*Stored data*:
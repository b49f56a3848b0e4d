-- ===== src/Semaphore/Front.antt =====
-- Which task ConsumeTask does, and which it removes.
use geektime.Prelude.{
  ℕ, zero, suc, ◌≡◌, refl, Option, some, ◌>>=◌, List, [], ◌∷◌, length, replicate, arith,
}
use geektime.Semaphore.{front, pop_back}

-- `tasks.front()->doTask(); tasks.pop_back();` n times: the tasks that are done,
-- and those that are left.
unfoldable pub serve : ℕ → List ℕ → Option (List ℕ × List ℕ)
serve zero tasks = some ([], tasks)
serve (suc n) tasks = do
  task ← front tasks
  rest ← pop_back tasks
  (done, left) ← serve n rest
  some (task ∷ done, left)

pub pop_back-cons :
    (x y : ℕ) (ys : List ℕ)
    → (rest : List ℕ) × (pop_back (x ∷ y ∷ ys) ≡ some (x ∷ rest)) × (length rest ≡ length ys)
pop_back-cons x y [] = ([], refl, refl)
pop_back-cons x y (z ∷ zs) =
    let (rest, run, size) = pop_back-cons y z zs in (y ∷ rest, rw run refl, omega arith)

serve-step :
    (n x : ℕ) (tasks rest done : List ℕ)
    → front tasks ≡ some x
    → pop_back tasks ≡ some rest
    → serve n rest ≡ some (done, [])
    → serve (suc n) tasks ≡ some (x ∷ done, [])
unfolding serve
serve-step n x tasks rest done f b later = rw (f, b, later) refl

serve-first_n :
    (n x : ℕ) (xs : List ℕ)
    → length xs ≡ n
    → serve (suc n) (x ∷ xs) ≡ some (replicate (suc n) x, [])
unfolding serve
serve-first_n zero x [] h = refl
serve-first_n zero x (y ∷ ys) h = absurd (omega arith)
serve-first_n (suc n) x [] h = absurd (omega arith)
serve-first_n (suc n) x (y ∷ ys) h =
    let (rest, run, size) = pop_back-cons x y ys in
    let later = serve-first_n n x rest (omega arith) in
    serve-step (suc n) x (x ∷ y ∷ ys) (x ∷ rest) (replicate (suc n) x) refl run later

-- A consumer does the first task and removes the last one: as many calls as there are tasks do the
-- first task each time and empty the list, so that no other task of it is ever done.
pub serve-first :
    (x : ℕ) (xs : List ℕ)
    → serve (length (x ∷ xs)) (x ∷ xs) ≡ some (replicate (length (x ∷ xs)) x, [])
serve-first x xs = serve-first_n (length xs) x xs refl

*What is needed*:
What are the lines, exactly as written above, from the line with "rest ≡ length ys)" to the line with "pop_back-cons x y (z", both included? Output only those.

*Your response*:
    → (rest : List ℕ) × (pop_back (x ∷ y ∷ ys) ≡ some (x ∷ rest)) × (length rest ≡ length ys)
pop_back-cons x y [] = ([], refl, refl)
pop_back-cons x y (z ∷ zs) =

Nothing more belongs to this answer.